Copy each line below that includes "many".

'''

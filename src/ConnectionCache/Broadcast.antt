-- ===== src/ConnectionCache/Broadcast.antt =====
-- How many connections a message goes to.
use cpp_assistant.Prelude.{
  ℕ, suc, ◌+◌, ◌≤◌, ◌<◌, ◌≡◌, refl, true, false, Option, none, some, List, [], ◌∷◌, length, ℤ, pos,
  ◌+ℤ◌, arith, if◌then◌else◌, leb_ℤ, ltb_ℤ, Bool-cases, Option-cases, inl, inr, max, pos-+ℤ, ap,
  ◌∙◌, sym, ◌>>=◌, ◌==◌,
}
use cpp_assistant.Strings.{Text}
use cpp_assistant.TimedTasks.{ret_failed}
use cpp_assistant.Network.{NetConnection}
use cpp_assistant.Network.Fragments.{SendCall, Sending, send_fragment}
use cpp_assistant.Dictionary.{Dict}
use cpp_assistant.ConnectionCache.{ConnIndex, ConnectionCache, ServerGroup, candidate, names_of}
use cpp_assistant.ConnectionCache.Sends.{send_each, send_to_all}

-- What the loop over the names has come to, with room for `limit` successful sends.
abbrev Within : ℕ → ℕ → Option (ℕ × ℤ × List Text) → Type 0
Within limit start none = ⊥
Within limit start (some (n, total, receivers)) = (n ≡ start + length receivers) × (n ≤ limit)

Within-cons :
    (limit start : ℕ) (name : Text) (r : Option (ℕ × ℤ × List Text))
    → Within limit (suc start) r
    → Within limit start (do (n, total, receivers) ← r; some (n, total, name ∷ receivers))
Within-cons limit start name none h = absurd h
Within-cons limit start name (some (n, total, rs)) h = omega arith

never : {o : Option Sending} → o ≡ none → (s : Sending) × (o ≡ some s) → ⊥
never e (s, f) = let clash = sym e ∙ f in cc clash

module _ (dict : Dict ConnIndex) (io : ℤ → List SendCall) (cache : ConnectionCache dict) where
  send_each-Within :
      (names : List Text) (k : ℕ) (msg : List ℕ) (msg_len : ℤ) (ok_count : ℕ) (bytes : ℤ)
      → ((fd : ℤ) → (s : Sending) × (send_fragment fd (some msg) msg_len (io fd) ≡ some s))
      → ok_count < max 1 k
      → Within (max 1 k) ok_count (send_each dict io cache names (pos k) msg msg_len ok_count bytes)
  unfolding send_each
  send_each-Within [] k msg msg_len ok_count bytes ends lt = omega arith
  send_each-Within (name ∷ names) k msg msg_len ok_count bytes ends lt =
      let skipped = send_each-Within names k msg msg_len ok_count bytes ends lt in
      elim (Option-cases (candidate dict cache true name)) [
        | inl miss ↦ rw (miss, send_each) skipped
        | inr (c, hit) ↦
            rw (hit, send_each)
              (elim (Option-cases c.conn_detail) [
                | inl dead ↦ rw dead skipped
                | inr (conn, alive) ↦
                    rw alive
                      (elim (Option-cases (send_fragment conn.fd (some msg) msg_len (io conn.fd))) [
                        | inl waits ↦ absurd (never waits (ends conn.fd))
                        | inr (s, done) ↦ rw done (elim (Bool-cases (ltb_ℤ s.ret (pos 0))) [
                          | inl bad ↦ rw bad skipped
                          | inr good ↦
                              rw good (elim (Bool-cases (leb_ℤ (pos k) (pos (suc ok_count)))) [
                                | inl enough ↦ rw enough (omega arith)
                                | inr more ↦ rw more (
                                    Within-cons (max 1 k) ok_count name _ (
                                      send_each-Within names k msg msg_len (suc ok_count)
                                        (bytes +ℤ s.ret) ends (ground arith)))
                              ])
                        ])
                      ])
              ])
      ]

  -- A message to all connections of a type goes out to as many as the maximum at most, but to one where
  -- the maximum is 0, if each call of `send_fragment` returns.
  pub send_to_all_bound :
      (type : Text) (k : ℕ) (msg : List ℕ) (msg_len : ℤ) (g : ServerGroup)
      → ((fd : ℤ) → (s : Sending) × (send_fragment fd (some msg) msg_len (io fd) ≡ some s))
      → cache.type_group ≡ some g
      → (ret : ℤ) × (receivers : List Text) × (send_to_all dict io cache type (pos k) msg msg_len
          ≡ some (ret, receivers))
        × (length receivers ≤ max 1 k)
  unfolding send_to_all
  send_to_all_bound type k msg msg_len g ends eg =
      reached (send_each dict io cache (names_of type g) (pos k) msg msg_len 0 (pos 0)) eg refl
        (send_each-Within (names_of type g) k msg msg_len 0 (pos 0) ends (omega arith))
    where
      reached :
          (r : Option (ℕ × ℤ × List Text))
          → cache.type_group ≡ some g
          → send_each dict io cache (names_of type g) (pos k) msg msg_len 0 (pos 0) ≡ r
          → Within (max 1 k) 0 r
          → (ret : ℤ) × (receivers : List Text) × (send_to_all dict io cache type
                (pos k)
                msg
                msg_len
              ≡ some (ret, receivers))
            × (length receivers ≤ max 1 k)
      reached none eg e h = absurd h
      reached (some (n, total, rs)) eg e h =
          (if n == 0 then ret_failed else total, rs, simp (eg, e), omega arith)

  -- The first name of a type can be sent to: with a maximum of 0 the message goes to it all the same.
  pub zero_receivers_still_sends :
      (type name : Text) (names : List Text) (g : ServerGroup) (c : ConnIndex)
      (conn : NetConnection) (msg : List ℕ) (msg_len : ℤ) (s : Sending) (m : ℕ)
      → cache.type_group ≡ some g
      → names_of type g ≡ name ∷ names
      → candidate dict cache true name ≡ some c
      → c.conn_detail ≡ some conn
      → send_fragment conn.fd (some msg) msg_len (io conn.fd) ≡ some s
      → s.ret ≡ pos m
      → send_to_all dict io cache type (pos 0) msg msg_len ≡ some (pos m, name ∷ [])
  unfolding send_to_all send_each
  zero_receivers_still_sends type name names g c conn msg msg_len s m eg en ec ed es er =
      let nonneg : ltb_ℤ (pos m) (pos 0) ≡ false = ground arith in
      let sum : pos 0 +ℤ pos m ≡ pos m = pos-+ℤ 0 m ∙ ap pos (omega arith) in
      simp (eg, en) (rw (ec, send_each) (rw ed (rw es (rw er (rw nonneg (rw sum refl))))))
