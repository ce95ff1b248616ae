-- ===== src/Dictionary/Listed.antt =====
-- A list of entries is such a dictionary.
use cpp_assistant.Prelude.{
  ◌≡◌, refl, Option, none, some, List, [], ◌∷◌, if◌then◌else◌, text_eq, Option-cases, Bool-cases,
  inl, inr, ◌⊎◌, sym, ap, ◌∙◌, some_inj,
}
use cpp_assistant.Prelude.TextMap.{find, erase, find-erase}
use cpp_assistant.Strings.{Text}
use cpp_assistant.Dictionary.{Dict, KeysDistinct}

abbrev pub Entries : Type 0 → Type 0
Entries V = (m : List (Text × V)) × KeysDistinct m

module _ {V : Type 0} where
  pub erase-KeysDistinct :
      (k : Text) (m : List (Text × V)) → KeysDistinct m → KeysDistinct (erase k m)
  unfolding erase
  erase-KeysDistinct k [] h = h
  erase-KeysDistinct k ((j, v) ∷ m) (fresh, h) = elim (Bool-cases (text_eq j k)) [
    | inl same ↦ rw same (erase-KeysDistinct k m h)
    | inr differ ↦ rw differ (
      find-erase k j m
          ∙ (elim (Bool-cases (text_eq k j)) [ inl e ↦ rw e refl | inr e ↦ rw e fresh ]),
      erase-KeysDistinct k m h,
    )
  ]

  -- `Option-cases` that computes.
  abbrev pub looked_up : (o : Option V) → (o ≡ none) ⊎ ((v : V) × (o ≡ some v))
  looked_up none = inl refl
  looked_up (some v) = inr (v, refl)

  unfoldable pub add_entry : Entries V → Text → V → Option (Entries V)
  add_entry (m, h) k v = elim (looked_up (find k m)) [
    | inl fresh ↦ some ((k, v) ∷ m, (fresh, h))
    | inr known ↦ none
  ]

  unfoldable pub delete_entry : Entries V → Text → Option (Entries V)
  delete_entry (m, h) k = elim (find k m) [
    | none ↦ none
    | some v ↦ some (erase k m, erase-KeysDistinct k m h)
  ]

  pub find-add_entry :
      (d d' : Entries V) (k j : Text) (v : V)
      → add_entry d k v ≡ some d'
      → find j d'.0 ≡ (if text_eq k j then some v else find j d.0)
  unfolding add_entry find
  find-add_entry (m, h) d' k j v e =
      elim (looked_up (find k m))
          as (λ c.
            elim c as (λ x. Option (Entries V)) [
              | inl fresh ↦ some ((k, v) ∷ m, (fresh, h))
              | inr known ↦ none
            ]
              ≡ some d'
            → find j d'.0 ≡ (if text_eq k j then some v else find j m)) [
              | inl fresh ↦ λ q. ap (λ (x : Entries V). find j x.0) (sym (some_inj q))
              | inr known ↦ λ q. absurd (cc q)
            ]
        e

  pub add_entry-fresh :
      (d d' : Entries V) (k : Text) (v : V) → add_entry d k v ≡ some d' → find k d.0 ≡ none
  unfolding add_entry
  add_entry-fresh (m, h) d' k v e =
      elim (looked_up (find k m))
          as (λ c.
            elim c as (λ x. Option (Entries V)) [
              | inl fresh ↦ some ((k, v) ∷ m, (fresh, h))
              | inr known ↦ none
            ]
              ≡ some d'
            → find k m ≡ none) [ inl fresh ↦ λ q. fresh | inr known ↦ λ q. absurd (cc q) ]
        e

  pub find-delete_entry :
      (d d' : Entries V) (k j : Text)
      → delete_entry d k ≡ some d'
      → find j d'.0 ≡ (if text_eq k j then none else find j d.0)
  unfolding delete_entry
  find-delete_entry (m, h) d' k j e = elim (Option-cases (find k m)) [
    | inl missing ↦ absurd (cc (missing, e))
    | inr (v, there) ↦
        ap (λ (x : Entries V). find j x.0) (sym (some_inj (rw (there, delete_entry) at e)))
        ∙ find-erase k j m
  ]

  pub delete_entry-error : (d : Entries V) (k : Text) → delete_entry d k ≡ none → find k d.0 ≡ none
  unfolding delete_entry
  delete_entry-error (m, h) k e = elim (Option-cases (find k m)) [
    | inl missing ↦ missing
    | inr (v, there) ↦ let q = rw (there, delete_entry) at e in absurd (cc q)
  ]

  pub find-no_entries : (k : Text) → find {V = V} k [] ≡ none
  unfolding find
  find-no_entries k = refl

  abbrev pub listed : Dict V
  listed = record {
    Content = Entries V;
    created = ([], tt);
    dict_find = λ d k. find k d.0;
    dict_add = add_entry;
    dict_delete = delete_entry;
    items = λ d. d.0;
    find-created = find-no_entries;
    find-add = find-add_entry;
    add_fresh = add_entry-fresh;
    find-delete = find-delete_entry;
    delete_error = delete_entry-error;
    items_find = λ d k. refl;
    items_distinct = λ d. d.1;
  }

'''

## OUTPUT:
-- How many connections a message goes to.
  -- A message to all connections of a type goes out to as many as the maximum at most, but to one where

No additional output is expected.